[Dataset items]

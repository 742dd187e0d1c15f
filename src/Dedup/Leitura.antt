-- ===== src/Dedup/Leitura.antt =====
-- The reads of `tarefa_hash_completo` and `tarefa_hash_amostra` in bench/perfil_dataset.py.
use engine_motor.Prelude.{
  positive, ℕ, zero, suc, ◌+◌, ◌*◌, ◌<◌, ◌≡◌, refl, sym, ap, ◌∙◌, true, Bool-cases, inl, inr, List,
  [], ◌∷◌, ◌++◌, length, take, drop, leb, ◌==◌, ==_iff, arith, length-take, length-drop, drop-drop,
  take_all, drop-splice,
}
use engine_motor.Bytes.{to_le}
use engine_motor.Bytes.Words.{length-to_le}
use engine_motor.Dedup.{janela_hash, mib, entrada_amostra, ler_tudo, entrada_completa}

empty_of_length : (xs : List ℕ) → length xs ≡ 0 → xs ≡ []
empty_of_length [] h = refl
empty_of_length (x ∷ xs) h = absurd (omega arith)

take-append-rest : (n : ℕ) (xs : List ℕ) → take n xs ++ drop (length (take n xs)) xs ≡ xs
take-append-rest zero xs = refl
take-append-rest (suc n) [] = refl
take-append-rest (suc n) (x ∷ xs) = rw (take-append-rest n xs)

ler_tudo-drop :
    (fuel : ℕ) (b : List ℕ) (off : ℕ) → length b < fuel + off → ler_tudo fuel b off ≡ drop off b
unfolding ler_tudo
ler_tudo-drop zero b off h = sym (empty_of_length (drop off b) (omega (arith, length-drop off b)))
ler_tudo-drop (suc fuel) b off h =
    let d = drop off b in
    let n = length (take mib d) in
    elim (Bool-cases (n == 0)) [
      | inl e ↦
          let none_left : length d ≡ 0 = omega (arith, (==_iff n 0).0 e, length-take mib d) in
          rw e (sym (empty_of_length d none_left))
      | inr e ↦
          let some_read : 0 < n = positive n e in
          let rest = ler_tudo-drop fuel b (off + n) (omega arith) in
          rw (e, rest, ← drop-drop n off b) (take-append-rest mib d)
    ]

-- The loop gives the whole file.
pub ler_tudo_all : (b : List ℕ) → ler_tudo (suc (length b)) b 0 ≡ b
ler_tudo_all b = ler_tudo-drop (suc (length b)) b 0 (omega arith)

without_prefix : (tam : ℕ) (x y : List ℕ) → to_le 8 tam ++ x ≡ to_le 8 tam ++ y → x ≡ y
without_prefix tam x y e =
    sym (drop-splice (to_le 8 tam) x 8 (length-to_le 8 tam))
    ∙ ap (λ t. drop 8 t) e
    ∙ drop-splice (to_le 8 tam) y 8 (length-to_le 8 tam)

pub entrada_completa_inj :
    (tam : ℕ) (b c : List ℕ) → entrada_completa tam b ≡ entrada_completa tam c → b ≡ c
unfolding entrada_completa
entrada_completa_inj tam b c e =
    sym (ler_tudo_all b)
    ∙ without_prefix tam (ler_tudo (suc (length b)) b 0) (ler_tudo (suc (length c)) c 0) e
    ∙ ler_tudo_all c

-- The flag of `tarefa_hash_amostra` depends on the size alone.
pub entrada_amostra_flag :
    (tam : ℕ) (b : List ℕ) → (entrada_amostra tam b).1 ≡ leb tam (3 * janela_hash)
unfolding entrada_amostra
entrada_amostra_flag tam b = elim (Bool-cases (leb tam (3 * janela_hash))) [
  | inl e ↦ rw e
  | inr e ↦ rw e
]

-- A file that is sampled whole is determined by its sample.
pub entrada_amostra_inj :
    (tam : ℕ) (b c : List ℕ)
    → leb tam (3 * janela_hash) ≡ true
    → length b ≡ tam
    → length c ≡ tam
    → (entrada_amostra tam b).0 ≡ (entrada_amostra tam c).0
    → b ≡ c
unfolding entrada_amostra
entrada_amostra_inj tam b c small lb lc e =
    let e' : to_le 8 tam ++ take tam b ≡ to_le 8 tam ++ take tam c = rw small at e in
    sym (take_all tam b (omega arith))
    ∙ without_prefix tam (take tam b) (take tam c) e'
    ∙ take_all tam c (omega arith)
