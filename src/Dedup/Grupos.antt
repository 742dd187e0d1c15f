-- ===== src/Dedup/Grupos.antt =====
-- The groups of `etapa_dedup` in bench/perfil_dataset.py.
use engine_motor.Prelude.{
  ℕ, ◌*◌, ◌≡◌, refl, sym, ap, ap₂, subst, ◌∙◌, ◌⊎◌, inl, inr, Bool, true, false, Bool-cases, Option,
  none, some, List, [], ◌∷◌, ◌++◌, length, All, All-append, ltb, leb, ◌==◌, ==_iff,
}
use engine_motor.Scan.{Motivo}
use engine_motor.Colecoes.{ordenar}
use engine_motor.Colecoes.Laws.{All-ordenar, IsGroup, IsMember}
use engine_motor.Dedup.{
  Item, Grupo, Ambiente, janela_hash, entrada_amostra, entrada_completa, com_hash, so_itens,
  primeiro_completo, separar_um, separar, fechar_grupos, resumo_amostra, tarefa_hash_amostra,
  resumo_completo, tarefa_hash_completo, igual_chave,
}
use engine_motor.Dedup.Leitura.{entrada_amostra_flag}

-- What holds of every result that has a digest.
abbrev pub OfSome : {R : Type 0} → (Item × R → Type 0) → Item × Option R → Type 0
OfSome P (a, none) = Unit
OfSome P (a, some r) = P (a, r)

pub com_hash-All :
    {R : Type 0} (P : Item × R → Type 0) (xs : List (Item × Option R))
    → All (OfSome P) xs
    → All P (com_hash xs)
unfolding com_hash
com_hash-All P [] h = tt
com_hash-All P ((a, none) ∷ xs) h = com_hash-All P xs h.1
com_hash-All P ((a, some r) ∷ xs) h = (h.0, com_hash-All P xs h.1)

module _ {H : Type 0} (e : Ambiente H) where
  -- What the digest of the sample says of a file, and what that of the whole file says.
  abbrev pub Amostrado : Item × (H × Bool) → Type 0
  Amostrado (a, (h, completo)) =
      (b : List ℕ) × (e.abrir a ≡ inr b)
      × (h ≡ e.curto (entrada_amostra a.tam b).0)
      × (completo ≡ leb a.tam (3 * janela_hash))

  abbrev pub Lido : Item × H → Type 0
  Lido (a, h) = (b : List ℕ) × (e.abrir a ≡ inr b) × (h ≡ e.longo (entrada_completa a.tam b))

  resumo_amostra-some :
      (a : Item) (b : List ℕ)
      → e.abrir a ≡ inr b
      → resumo_amostra e a ≡ some (e.curto (entrada_amostra a.tam b).0, (entrada_amostra a.tam b).1)
  unfolding resumo_amostra
  resumo_amostra-some a b q = rw (q, resumo_amostra)

  resumo_amostra-none : (a : Item) (m : Motivo) → e.abrir a ≡ inl m → resumo_amostra e a ≡ none
  unfolding resumo_amostra
  resumo_amostra-none a m q = rw (q, resumo_amostra)

  resumo_completo-some :
      (a : Item) (b : List ℕ)
      → e.abrir a ≡ inr b
      → resumo_completo e a ≡ some (e.longo (entrada_completa a.tam b))
  unfolding resumo_completo
  resumo_completo-some a b q = rw (q, resumo_completo)

  resumo_completo-none : (a : Item) (m : Motivo) → e.abrir a ≡ inl m → resumo_completo e a ≡ none
  unfolding resumo_completo
  resumo_completo-none a m q = rw (q, resumo_completo)

  pub tarefa_hash_amostra-All : (xs : List Item) → All (OfSome Amostrado) (tarefa_hash_amostra e xs)
  unfolding tarefa_hash_amostra
  tarefa_hash_amostra-All [] = tt
  tarefa_hash_amostra-All (a ∷ xs) = (one (e.abrir a) refl, tarefa_hash_amostra-All xs)
    where
      one : (r : Motivo ⊎ List ℕ) → e.abrir a ≡ r → OfSome Amostrado (a, resumo_amostra e a)
      one (inl m) q = subst (λ t. OfSome Amostrado (a, t)) (sym (resumo_amostra-none a m q)) tt
      one (inr b) q =
          subst (λ t. OfSome Amostrado (a, t)) (sym (resumo_amostra-some a b q))
            (b, q, refl, entrada_amostra_flag a.tam b)

  pub tarefa_hash_completo-All : (xs : List Item) → All (OfSome Lido) (tarefa_hash_completo e xs)
  unfolding tarefa_hash_completo
  tarefa_hash_completo-All [] = tt
  tarefa_hash_completo-All (a ∷ xs) = (one (e.abrir a) refl, tarefa_hash_completo-All xs)
    where
      one : (r : Motivo ⊎ List ℕ) → e.abrir a ≡ r → OfSome Lido (a, resumo_completo e a)
      one (inl m) q = subst (λ t. OfSome Lido (a, t)) (sym (resumo_completo-none a m q)) tt
      one (inr b) q =
          subst (λ t. OfSome Lido (a, t)) (sym (resumo_completo-some a b q)) (b, q, refl)

  -- A group is of files that were sampled whole, or of files that were read whole.
  abbrev pub Pequeno : ℕ → H → Item → Type 0
  Pequeno tam h a =
      (a.tam ≡ tam)
      × (leb tam (3 * janela_hash) ≡ true)
      × ((b : List ℕ) × (e.abrir a ≡ inr b) × (h ≡ e.curto (entrada_amostra tam b).0))

  abbrev pub Grande : ℕ → H → Item → Type 0
  Grande tam h a =
      (a.tam ≡ tam) × ((b : List ℕ) × (e.abrir a ≡ inr b) × (h ≡ e.longo (entrada_completa tam b)))

  abbrev pub IsEvident : Grupo H → Type 0
  IsEvident g = All (Pequeno g.tam g.h) g.ids ⊎ All (Grande g.tam g.h) g.ids

  abbrev pub chave_amostra : Item × (H × Bool) → ℕ × H
  chave_amostra x = (x.0.tam, x.1.0)

  abbrev pub chave_completo : Item × H → ℕ × H
  chave_completo x = (x.0.tam, x.1)

  module _ (sound : (h k : H) → e.igual_h h k ≡ true → h ≡ k) where
    pub igual_chave-sound : (a b : ℕ × H) → igual_chave e a b ≡ true → a ≡ b
    unfolding igual_chave
    igual_chave-sound (t, h) (u, k) q = elim (Bool-cases (t == u)) [
      | inl same ↦
          let q' : e.igual_h h k ≡ true = rw same at q in
          ap₂ (λ x y. (x, y)) ((==_iff t u).0 same) (sound h k q')
      | inr other ↦ let q' : false ≡ true = rw other at q in cc
    ]

    Pequeno-of :
        (tam : ℕ) (h : H) (x : Item × (H × Bool))
        → leb tam (3 * janela_hash) ≡ true
        → IsMember (igual_chave e) igual_chave-sound chave_amostra Amostrado (tam, h) x
        → Pequeno tam h x.0
    Pequeno-of tam h (a, (k, completo)) small ((key), (b, opened, digest, flag)) =
        let size : a.tam ≡ tam = ap (λ p. p.0) key in
        let same : k ≡ h = ap (λ p. p.1) key in
        (
          size,
          small,
          (b, opened, sym same ∙ subst (λ t. k ≡ e.curto (entrada_amostra t b).0) size digest),
        )

    Grande-of :
        (tam : ℕ) (h : H) (x : Item × H)
        → IsMember (igual_chave e) igual_chave-sound chave_completo Lido (tam, h) x
        → Grande tam h x.0
    Grande-of tam h (a, k) (key, (b, opened, digest)) =
        let size : a.tam ≡ tam = ap (λ p. p.0) key in
        let same : k ≡ h = ap (λ p. p.1) key in
        (size, (b, opened, sym same ∙ subst (λ t. k ≡ e.longo (entrada_completa t b)) size digest))

    pequenos :
        (tam : ℕ) (h : H) (ids : List (Item × (H × Bool)))
        → leb tam (3 * janela_hash) ≡ true
        → IsGroup (igual_chave e) igual_chave-sound chave_amostra Amostrado ((tam, h), ids)
        → All (Pequeno tam h) (so_itens ids)
    unfolding so_itens
    pequenos tam h [] small g = tt
    pequenos tam h (x ∷ xs) small g = (Pequeno-of tam h x small g.0, pequenos tam h xs small g.1)

    grandes :
        (tam : ℕ) (h : H) (ids : List (Item × H))
        → IsGroup (igual_chave e) igual_chave-sound chave_completo Lido ((tam, h), ids)
        → All (Grande tam h) (so_itens ids)
    unfolding so_itens
    grandes tam h [] g = tt
    grandes tam h (x ∷ xs) g = (Grande-of tam h x g.0, grandes tam h xs g.1)

    -- The flag of the first member says that the size is small.
    small_of :
        (tam : ℕ) (h : H) (ids : List (Item × (H × Bool)))
        → IsGroup (igual_chave e) igual_chave-sound chave_amostra Amostrado ((tam, h), ids)
        → primeiro_completo ids ≡ true
        → leb tam (3 * janela_hash) ≡ true
    unfolding primeiro_completo
    small_of tam h [] g q = cc
    small_of tam h ((a, (k, completo)) ∷ xs) g q =
        subst (λ t. leb t (3 * janela_hash) ≡ true) (ap (λ p. p.0) g.0.0) (sym g.0.1.3 ∙ q)

    separar_um-All :
        (tam : ℕ) (h : H) (ids : List (Item × (H × Bool))) (s : List (Grupo H) × List Item)
        → IsGroup (igual_chave e) igual_chave-sound chave_amostra Amostrado ((tam, h), ids)
        → All IsEvident s.0
        → All IsEvident (separar_um tam h ids s).0
    unfolding separar_um
    separar_um-All tam h ids (grupos, pend) g ok = elim (Bool-cases (ltb (length ids) 2)) [
      | inl q ↦ rw q ok
      | inr q ↦ elim (Bool-cases (primeiro_completo ids)) [
        | inl whole ↦
            rw (q, whole)
              (All-append IsEvident grupos (record { h = h; ids = so_itens ids; tam = tam } ∷ []) ok
                (inl (pequenos tam h ids (small_of tam h ids g whole) g), tt))
        | inr part ↦ rw (q, part) ok
      ]
    ]

    pub separar-All :
        (gs : List ((ℕ × H) × List (Item × (H × Bool)))) (s : List (Grupo H) × List Item)
        → All (IsGroup (igual_chave e) igual_chave-sound chave_amostra Amostrado) gs
        → All IsEvident s.0
        → All IsEvident (separar gs s).0
    unfolding separar
    separar-All [] s g ok = ok
    separar-All (((tam, h), ids) ∷ gs) s g ok =
        separar-All gs (separar_um tam h ids s) g.1 (separar_um-All tam h ids s g.0 ok)

    pub fechar_grupos-All :
        (gs : List ((ℕ × H) × List (Item × H))) (grupos : List (Grupo H))
        → All (IsGroup (igual_chave e) igual_chave-sound chave_completo Lido) gs
        → All IsEvident grupos
        → All IsEvident (fechar_grupos gs grupos)
    unfolding fechar_grupos
    fechar_grupos-All [] grupos g ok = ok
    fechar_grupos-All (((tam, h), ids) ∷ gs) grupos g ok = elim (Bool-cases (leb 2 (length ids))) [
      | inl q ↦
          let antes = λ (x : Item) (y : Item). leb x.i y.i in
          let novo : Grupo H = record { h = h; ids = ordenar antes (so_itens ids); tam = tam } in
          rw q (
            fechar_grupos-All gs (grupos ++ novo ∷ []) g.1 (
              All-append IsEvident grupos (novo ∷ []) ok (
                inr (All-ordenar antes (Grande tam h) (so_itens ids) (grandes tam h ids g.0)),
                tt,
              )))
      | inr q ↦ rw q (fechar_grupos-All gs grupos g.1 ok)
    ]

## Task goal
In the entries above, find the line with "-- The reads" and the line with "empty_of_length (x ∷", then set down exactly those two and every line between them, nothing else.

## Output
-- The reads of `tarefa_hash_completo` and `tarefa_hash_amostra` in bench/perfil_dataset.py.
use engine_motor.Prelude.{
  positive, ℕ, zero, suc, ◌+◌, ◌*◌, ◌<◌, ◌≡◌, refl, sym, ap, ◌∙◌, true, Bool-cases, inl, inr, List,
  [], ◌∷◌, ◌++◌, length, take, drop, leb, ◌==◌, ==_iff, arith, length-take, length-drop, drop-drop,
  take_all, drop-splice,
}
use engine_motor.Bytes.{to_le}
use engine_motor.Bytes.Words.{length-to_le}
use engine_motor.Dedup.{janela_hash, mib, entrada_amostra, ler_tudo, entrada_completa}

empty_of_length : (xs : List ℕ) → length xs ≡ 0 → xs ≡ []
empty_of_length [] h = refl
empty_of_length (x ∷ xs) h = absurd (omega arith)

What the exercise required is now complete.